**What you should do**
In the listing below, find every line containing "then" and copy it out.

BEGIN

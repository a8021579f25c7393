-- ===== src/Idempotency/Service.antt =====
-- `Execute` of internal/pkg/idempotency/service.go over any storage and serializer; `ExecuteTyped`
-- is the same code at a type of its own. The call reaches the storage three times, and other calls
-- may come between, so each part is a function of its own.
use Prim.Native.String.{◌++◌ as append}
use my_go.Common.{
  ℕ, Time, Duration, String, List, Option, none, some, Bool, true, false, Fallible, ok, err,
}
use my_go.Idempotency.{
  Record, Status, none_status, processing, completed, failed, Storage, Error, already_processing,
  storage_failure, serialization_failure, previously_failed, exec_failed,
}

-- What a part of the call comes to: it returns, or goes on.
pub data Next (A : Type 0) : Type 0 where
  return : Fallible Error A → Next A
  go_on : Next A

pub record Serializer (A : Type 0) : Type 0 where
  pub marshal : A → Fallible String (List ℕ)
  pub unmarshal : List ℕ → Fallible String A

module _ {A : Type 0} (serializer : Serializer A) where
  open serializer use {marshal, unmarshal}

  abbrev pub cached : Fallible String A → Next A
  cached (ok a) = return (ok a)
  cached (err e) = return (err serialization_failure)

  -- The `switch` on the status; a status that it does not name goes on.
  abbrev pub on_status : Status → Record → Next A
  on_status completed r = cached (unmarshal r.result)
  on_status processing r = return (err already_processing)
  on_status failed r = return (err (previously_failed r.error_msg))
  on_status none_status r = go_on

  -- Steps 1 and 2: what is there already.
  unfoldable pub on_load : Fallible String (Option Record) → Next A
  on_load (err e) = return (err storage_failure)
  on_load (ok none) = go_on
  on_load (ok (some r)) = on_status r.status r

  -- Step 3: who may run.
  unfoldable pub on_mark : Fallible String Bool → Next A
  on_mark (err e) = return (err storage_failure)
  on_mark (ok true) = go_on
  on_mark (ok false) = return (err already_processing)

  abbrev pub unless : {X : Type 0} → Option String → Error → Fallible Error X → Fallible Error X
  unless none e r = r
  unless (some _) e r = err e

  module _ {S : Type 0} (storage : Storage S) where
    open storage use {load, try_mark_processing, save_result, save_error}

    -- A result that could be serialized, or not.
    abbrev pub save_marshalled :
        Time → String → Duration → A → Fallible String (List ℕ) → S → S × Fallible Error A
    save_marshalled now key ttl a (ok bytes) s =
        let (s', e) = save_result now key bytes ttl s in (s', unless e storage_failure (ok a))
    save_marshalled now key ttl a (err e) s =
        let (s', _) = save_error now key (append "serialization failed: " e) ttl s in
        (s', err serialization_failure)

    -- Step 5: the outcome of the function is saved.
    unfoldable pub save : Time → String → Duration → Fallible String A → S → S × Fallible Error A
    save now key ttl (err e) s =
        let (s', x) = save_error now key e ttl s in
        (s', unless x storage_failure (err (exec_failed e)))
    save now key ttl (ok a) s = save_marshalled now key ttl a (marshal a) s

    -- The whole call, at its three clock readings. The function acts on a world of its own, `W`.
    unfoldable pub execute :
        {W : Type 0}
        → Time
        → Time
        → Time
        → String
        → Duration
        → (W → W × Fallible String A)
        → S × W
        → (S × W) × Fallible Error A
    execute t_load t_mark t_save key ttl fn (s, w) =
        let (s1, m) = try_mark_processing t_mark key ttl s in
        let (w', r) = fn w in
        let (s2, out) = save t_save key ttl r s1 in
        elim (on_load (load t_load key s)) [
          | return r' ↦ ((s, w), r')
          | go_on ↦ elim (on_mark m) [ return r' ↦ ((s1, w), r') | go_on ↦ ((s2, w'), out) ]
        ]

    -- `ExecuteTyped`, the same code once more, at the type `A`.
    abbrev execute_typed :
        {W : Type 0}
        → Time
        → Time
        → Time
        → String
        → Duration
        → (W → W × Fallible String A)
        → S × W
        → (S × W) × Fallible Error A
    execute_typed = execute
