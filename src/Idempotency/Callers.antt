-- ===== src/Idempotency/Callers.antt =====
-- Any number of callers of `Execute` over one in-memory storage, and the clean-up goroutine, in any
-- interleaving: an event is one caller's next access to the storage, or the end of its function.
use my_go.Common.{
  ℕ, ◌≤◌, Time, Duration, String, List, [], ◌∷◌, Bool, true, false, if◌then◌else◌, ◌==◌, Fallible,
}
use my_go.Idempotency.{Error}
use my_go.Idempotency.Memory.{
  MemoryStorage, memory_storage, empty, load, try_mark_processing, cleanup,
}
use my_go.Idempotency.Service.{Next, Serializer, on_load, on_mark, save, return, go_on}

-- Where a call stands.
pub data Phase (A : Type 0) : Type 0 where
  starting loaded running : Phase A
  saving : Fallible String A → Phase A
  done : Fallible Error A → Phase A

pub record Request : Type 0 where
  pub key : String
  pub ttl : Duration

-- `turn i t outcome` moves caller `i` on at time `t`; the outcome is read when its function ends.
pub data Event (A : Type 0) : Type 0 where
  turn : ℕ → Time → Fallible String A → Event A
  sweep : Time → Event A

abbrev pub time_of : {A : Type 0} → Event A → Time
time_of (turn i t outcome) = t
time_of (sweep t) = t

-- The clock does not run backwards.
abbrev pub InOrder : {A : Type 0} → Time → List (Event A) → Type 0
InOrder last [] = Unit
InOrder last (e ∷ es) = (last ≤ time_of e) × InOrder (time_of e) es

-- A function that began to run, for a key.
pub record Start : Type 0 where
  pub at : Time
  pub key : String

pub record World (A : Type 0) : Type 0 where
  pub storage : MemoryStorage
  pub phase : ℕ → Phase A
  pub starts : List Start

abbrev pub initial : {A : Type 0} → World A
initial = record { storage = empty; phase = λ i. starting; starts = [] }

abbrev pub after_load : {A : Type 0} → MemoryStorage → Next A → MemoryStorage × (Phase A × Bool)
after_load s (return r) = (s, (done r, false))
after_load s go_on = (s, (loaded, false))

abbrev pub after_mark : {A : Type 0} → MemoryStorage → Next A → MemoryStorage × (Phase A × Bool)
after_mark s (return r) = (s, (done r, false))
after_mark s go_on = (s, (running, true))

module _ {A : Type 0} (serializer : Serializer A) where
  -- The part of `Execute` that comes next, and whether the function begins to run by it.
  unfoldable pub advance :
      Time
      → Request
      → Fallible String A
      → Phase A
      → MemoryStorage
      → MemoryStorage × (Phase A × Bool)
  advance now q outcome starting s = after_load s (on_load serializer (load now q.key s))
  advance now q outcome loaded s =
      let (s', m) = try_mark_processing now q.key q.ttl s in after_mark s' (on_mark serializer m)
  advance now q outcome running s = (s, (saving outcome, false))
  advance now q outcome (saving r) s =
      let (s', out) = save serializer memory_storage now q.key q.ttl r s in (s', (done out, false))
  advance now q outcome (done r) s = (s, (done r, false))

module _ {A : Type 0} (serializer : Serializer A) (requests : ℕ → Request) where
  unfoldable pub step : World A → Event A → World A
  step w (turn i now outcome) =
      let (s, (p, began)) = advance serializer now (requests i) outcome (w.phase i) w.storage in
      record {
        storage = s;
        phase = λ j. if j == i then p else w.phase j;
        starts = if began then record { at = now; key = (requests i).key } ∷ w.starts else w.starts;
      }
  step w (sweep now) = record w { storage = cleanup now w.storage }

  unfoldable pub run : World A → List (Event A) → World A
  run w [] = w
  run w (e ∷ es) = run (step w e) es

END

**Written solution**
  ℕ, ◌≤◌, Time, Duration, String, List, [], ◌∷◌, Bool, true, false, if◌then◌else◌, ◌==◌, Fallible,
        phase = λ j. if j == i then p else w.phase j;
        starts = if began then record { at = now; key = (requests i).key } ∷ w.starts else w.starts;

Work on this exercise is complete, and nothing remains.